Items from a data source

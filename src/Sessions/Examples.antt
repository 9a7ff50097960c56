-- ===== src/Sessions/Examples.antt =====
-- The sessions at concrete inputs, over a cache of lists: the theorems applied.
use mybro.Lru.{Lru}
use mybro.Lru.Lists.{list_lru, lookup, delete, delete_all, drop_last, get, modify, put}
use mybro.Prelude.{
  ℕ, ◌≤◌, ◌≡◌, ◌≢◌, refl, String, str_eq, eq_iff, some, List, [], ◌∷◌, false, arith,
}
use mybro.Sessions.{Session, State, Call, touching, tracking, touch, track, run, evict, make_room}
use mybro.Sessions.Affinity.{touch-track}
use mybro.Sessions.Bounds.{len-run}
use mybro.Sessions.Numbers.{run-distinct}

program : Unit {0}
unfolding touch track run evict make_room lookup delete delete_all drop_last get modify put
program = tt

abbrev lists : Lru String Session
lists = list_lru str_eq (λ a b e. (eq_iff a b).0 e) (λ a. (eq_iff a a).1 refl) 9_999

abbrev nothing : State lists
nothing = record { inner = []; counter = 0 }

touch-track_example :
    let (r, st') = track lists "fp" 1 nothing in
    ((touch lists "fp" st').0 ≡ some (record r { token_index = some 1; is_new = false }))
    × ((j : String) → lists.lookup j (touch lists "fp" st').1.inner ≡ lists.lookup j st'.inner)
touch-track_example = touch-track lists "fp" 1 nothing

abbrev three_calls : List Call
three_calls = tracking "fp" 1 ∷ touching "fp" ∷ tracking "gp" 0 ∷ []

len-run_example : lists.len (run lists three_calls nothing).inner ≤ 10_000
len-run_example = len-run lists three_calls nothing (omega arith)

abbrev first_session : Session
first_session = record { token_index = 1; request_count = 2; sess_num = 1 }

abbrev second_session : Session
second_session = record { token_index = 0; request_count = 1; sess_num = 2 }

apart : ◌≢◌ {A = String} "fp" "gp"
apart e = let same = (eq_iff "fp" "gp").1 e in absurd (ground arith)

run-distinct_example : ◌≢◌ {A = ℕ} 1 2
unfolding run touch track make_room lookup delete get modify put
run-distinct_example =
    run-distinct lists (tracking "fp" 1 ∷ tracking "gp" 0 ∷ tracking "fp" 1 ∷ []) nothing
      (λ fp. refl) (omega arith) "fp" "gp" first_session second_session refl refl apart
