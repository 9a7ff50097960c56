-- ===== src/Startup.antt =====
-- src/main.rs: the command line, what is asked of the upstream at the start and every five minutes, and the
-- port. An address is its parts at the colons; that a printed port is read back as it was is not modelled.
pub mod Binding
mod Examples
use mybro.Access.{active_key}
use mybro.Catalog.{Catalog, Snapshot, set_catalog, from_info, fetched}
use mybro.Concurrency.{Fetched, Caches, Effective, fetch_concurrency, get_effective_concurrency}
use mybro.Config.{Config}
use mybro.Config.Duration.{parse_below}
use mybro.Gate.Permits.{Semaphore}
use mybro.Gate.{Gate, reconcile}
use mybro.Json.{Value}
use mybro.KeyPool.{PoolInner}
use mybro.Prelude.{
  ℕ, zero, suc, ◌+◌, ◌%◌, ◌^◌, String, str_eq, is_empty, Bool, true, false, Option, none, some,
  List, [], ◌∷◌, ltb, leb, if◌then◌else◌,
}

pub record CliArgs : Type 0 where
  pub otel_endpoint : String
  pub otel_service_name : String
  pub otel_enabled : Bool
  pub dev_proxy : Option String
  pub mock_upstream : Option ℕ
  pub mock_delay_ms : ℕ
  pub mock_concurrency : ℕ

-- `endpoint` is the environment's, or the empty text.
abbrev pub default_args : String → CliArgs
default_args endpoint = record {
  otel_endpoint = endpoint;
  otel_service_name = "mybro";
  otel_enabled = false;
  dev_proxy = none;
  mock_upstream = none;
  mock_delay_ms = 0;
  mock_concurrency = 8;
}

pub data Flag : Type 0 where
  endpoint_flag service_name_flag enabled_flag dev_proxy_flag upstream_flag delay_flag
        concurrency_flag :
      Flag
  help_flag unknown_flag : Flag

unfoldable pub flag_of : String → Flag
flag_of arg =
    if str_eq arg "--otel-endpoint"
    then endpoint_flag
    else if str_eq arg "--otel-service-name"
    then service_name_flag
    else if str_eq arg "--otel-enabled"
    then enabled_flag
    else if str_eq arg "--dev-proxy"
    then dev_proxy_flag
    else if str_eq arg "--mock-upstream"
    then upstream_flag
    else if str_eq arg "--mock-delay-ms"
    then delay_flag
    else if str_eq arg "--mock-concurrency"
    then concurrency_flag
    else if str_eq arg "--help"
    then help_flag
    else if str_eq arg "-h"
    then help_flag
    else unknown_flag

abbrev pub takes_value : Flag → Bool
takes_value endpoint_flag = true
takes_value service_name_flag = true
takes_value enabled_flag = false
takes_value dev_proxy_flag = true
takes_value upstream_flag = true
takes_value delay_flag = true
takes_value concurrency_flag = true
takes_value help_flag = false
takes_value unknown_flag = false

abbrev pub or_default : String → Option String → String
or_default d none = d
or_default d (some s) = s

abbrev pub number_or : ℕ → ℕ → Option String → ℕ
number_or bound old none = old
number_or bound old (some s) = elim (parse_below bound s) [ none ↦ old | some n ↦ n ]

abbrev pub port_or : Option ℕ → Option String → Option ℕ
port_or old none = old
port_or old (some s) = elim (parse_below (2 ^ 16) s) [ none ↦ old | some n ↦ some n ]

-- What an option makes of the arguments, with the one that follows it.
unfoldable pub set_flag : Flag → Option String → CliArgs → CliArgs
unfolding parse_below
set_flag endpoint_flag next cli = record cli { otel_endpoint = or_default "" next }
set_flag service_name_flag next cli = record cli { otel_service_name = or_default "" next }
set_flag enabled_flag next cli = record cli { otel_enabled = true }
set_flag dev_proxy_flag next cli = record cli {
  dev_proxy = some (or_default "http://localhost:5173" next);
}
set_flag upstream_flag next cli = record cli { mock_upstream = port_or cli.mock_upstream next }
set_flag delay_flag next cli = record cli {
  mock_delay_ms = number_or (2 ^ 64) cli.mock_delay_ms next;
}
set_flag concurrency_flag next cli = record cli {
  mock_concurrency = number_or (2 ^ 64) cli.mock_concurrency next;
}
set_flag help_flag next cli = cli
set_flag unknown_flag next cli = cli

abbrev pub is_help : Flag → Bool
is_help help_flag = true
is_help endpoint_flag = false
is_help service_name_flag = false
is_help enabled_flag = false
is_help dev_proxy_flag = false
is_help upstream_flag = false
is_help delay_flag = false
is_help concurrency_flag = false
is_help unknown_flag = false

-- `waiting` is an option whose value comes next. `none` is the exit after the help.
unfoldable pub parse_from : Option Flag → List String → CliArgs → Option CliArgs
unfolding flag_of set_flag
parse_from none [] cli = some cli
parse_from (some f) [] cli = some (set_flag f none cli)
parse_from (some f) (arg ∷ args) cli = parse_from none args (set_flag f (some arg) cli)
parse_from none (arg ∷ args) cli =
    let f = flag_of arg in
    let rest =
      parse_from (if takes_value f then some f else none) args
        (if takes_value f then cli else set_flag f none cli) in
    if is_help f then none else rest

unfoldable pub parse_cli_args : String → List String → Option CliArgs
unfolding parse_from
parse_cli_args endpoint args = parse_from none args (default_args endpoint)

-- What `TcpListener::bind` comes to.
pub data Bound : Type 0 where
  listening in_use refused : Bound

-- Two parts of which the second is a port, or any other text.
pub data Addr : Type 0 where
  host_port : String → ℕ → Addr
  other : String → Addr

pub data Listening : Type 0 where
  at : Addr → Listening
  panicked out_of_fuel : Listening

-- `port + 1` on 16 bits, as in a release build.
abbrev pub next_port : ℕ → ℕ
next_port port = (port + 1) % 2 ^ 16

-- `attempt n addr` is what the n-th call of `bind` comes to; two seconds pass after a retry.
unfoldable pub bind_from : (ℕ → Addr → Bound) → ℕ → ℕ → Addr → ℕ → Listening
bind_from attempt zero n addr retries = out_of_fuel
bind_from attempt (suc fuel) n addr retries = elim (attempt n addr) [
  | listening ↦ at addr
  | refused ↦ panicked
  | in_use ↦ elim (ltb retries 3) [
    | true ↦ bind_from attempt fuel (n + 1) addr (retries + 1)
    | false ↦ elim addr [
      | other s ↦ panicked
      | host_port host port ↦ bind_from attempt fuel (n + 1) (host_port host (next_port port)) 0
    ]
  ]
]

unfoldable pub bind_with_retry : (ℕ → Addr → Bound) → ℕ → Addr → Listening
unfolding bind_from
bind_with_retry attempt fuel addr = bind_from attempt fuel 0 addr 0

-- `hard_cap.or(limit)`.
abbrev pub limit_of : Effective → Option ℕ
limit_of eff = elim eff.hard_cap [ some c ↦ some c | none ↦ eff.limit ]

-- A key to ask the upstream with; the outer `none` is the panic of the pool's state.
abbrev pub key_to_ask : ℕ → Config → PoolInner → Option (Option String)
key_to_ask now cfg pool = elim (active_key now cfg pool) [
  | none ↦ none
  | some none ↦ some none
  | some (some k) ↦ some (if is_empty k then none else some k)
]

module _ (semaphore : Semaphore) (from_slice : List ℕ → Option Value) where
  -- The gate is sized by a fetch that tells the concurrency: at the start (`fresh`), and by the task.
  unfoldable pub refresh :
      Bool
      → ℕ
      → Config
      → PoolInner
      → Fetched × ℕ
      → Caches
      → Gate semaphore
      → Option (Caches × Gate semaphore)
  unfolding fetch_concurrency get_effective_concurrency reconcile
  refresh fresh now cfg pool fetch caches gate = elim (key_to_ask now cfg pool) [
    | none ↦ none
    | some none ↦ some (caches, gate)
    | some (some k) ↦
        let r = fetch_concurrency from_slice now fresh fetch caches in
        elim (r.0) [
          | none ↦ some (r.1, gate)
          | some conc ↦
              let eff = get_effective_concurrency cfg.override_concurrency r.1 in
              some (r.1, reconcile semaphore (limit_of eff) gate)
        ]
  ]

-- The first catalog; `none` is a panic. It does not note when it was fetched.
module _ (from_slice : List ℕ → Option (List (String × Value)))
    (to_lowercase : String → String) where
  unfoldable pub seed_catalog : ℕ → Config → PoolInner → Fetched → Snapshot → Option Snapshot
  unfolding set_catalog from_info fetched
  seed_catalog now cfg pool fetch s = elim (key_to_ask now cfg pool) [
    | none ↦ none
    | some none ↦ some s
    | some (some k) ↦ elim (fetched from_slice to_lowercase fetch) [
      | none ↦ some s
      | some info ↦ elim (from_info to_lowercase info) [
        | none ↦ none
        | some cat ↦ some (set_catalog cat s)
      ]
    ]
  ]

**Task prompt**
Start at the first line of the entries and stop at the line with "apart : ◌≢◌". Retype each of those lines exactly, both ends included.

**Expected answer**
filename src/Sessions/Examples.antt
repository 9a7ff50097960c56
-- ===== src/Sessions/Examples.antt =====
-- The sessions at concrete inputs, over a cache of lists: the theorems applied.
use mybro.Lru.{Lru}
use mybro.Lru.Lists.{list_lru, lookup, delete, delete_all, drop_last, get, modify, put}
use mybro.Prelude.{
  ℕ, ◌≤◌, ◌≡◌, ◌≢◌, refl, String, str_eq, eq_iff, some, List, [], ◌∷◌, false, arith,
}
use mybro.Sessions.{Session, State, Call, touching, tracking, touch, track, run, evict, make_room}
use mybro.Sessions.Affinity.{touch-track}
use mybro.Sessions.Bounds.{len-run}
use mybro.Sessions.Numbers.{run-distinct}

program : Unit {0}
unfolding touch track run evict make_room lookup delete delete_all drop_last get modify put
program = tt

abbrev lists : Lru String Session
lists = list_lru str_eq (λ a b e. (eq_iff a b).0 e) (λ a. (eq_iff a a).1 refl) 9_999

abbrev nothing : State lists
nothing = record { inner = []; counter = 0 }

touch-track_example :
    let (r, st') = track lists "fp" 1 nothing in
    ((touch lists "fp" st').0 ≡ some (record r { token_index = some 1; is_new = false }))
    × ((j : String) → lists.lookup j (touch lists "fp" st').1.inner ≡ lists.lookup j st'.inner)
touch-track_example = touch-track lists "fp" 1 nothing

abbrev three_calls : List Call
three_calls = tracking "fp" 1 ∷ touching "fp" ∷ tracking "gp" 0 ∷ []

len-run_example : lists.len (run lists three_calls nothing).inner ≤ 10_000
len-run_example = len-run lists three_calls nothing (omega arith)

abbrev first_session : Session
first_session = record { token_index = 1; request_count = 2; sess_num = 1 }

abbrev second_session : Session
second_session = record { token_index = 0; request_count = 1; sess_num = 2 }

apart : ◌≢◌ {A = String} "fp" "gp"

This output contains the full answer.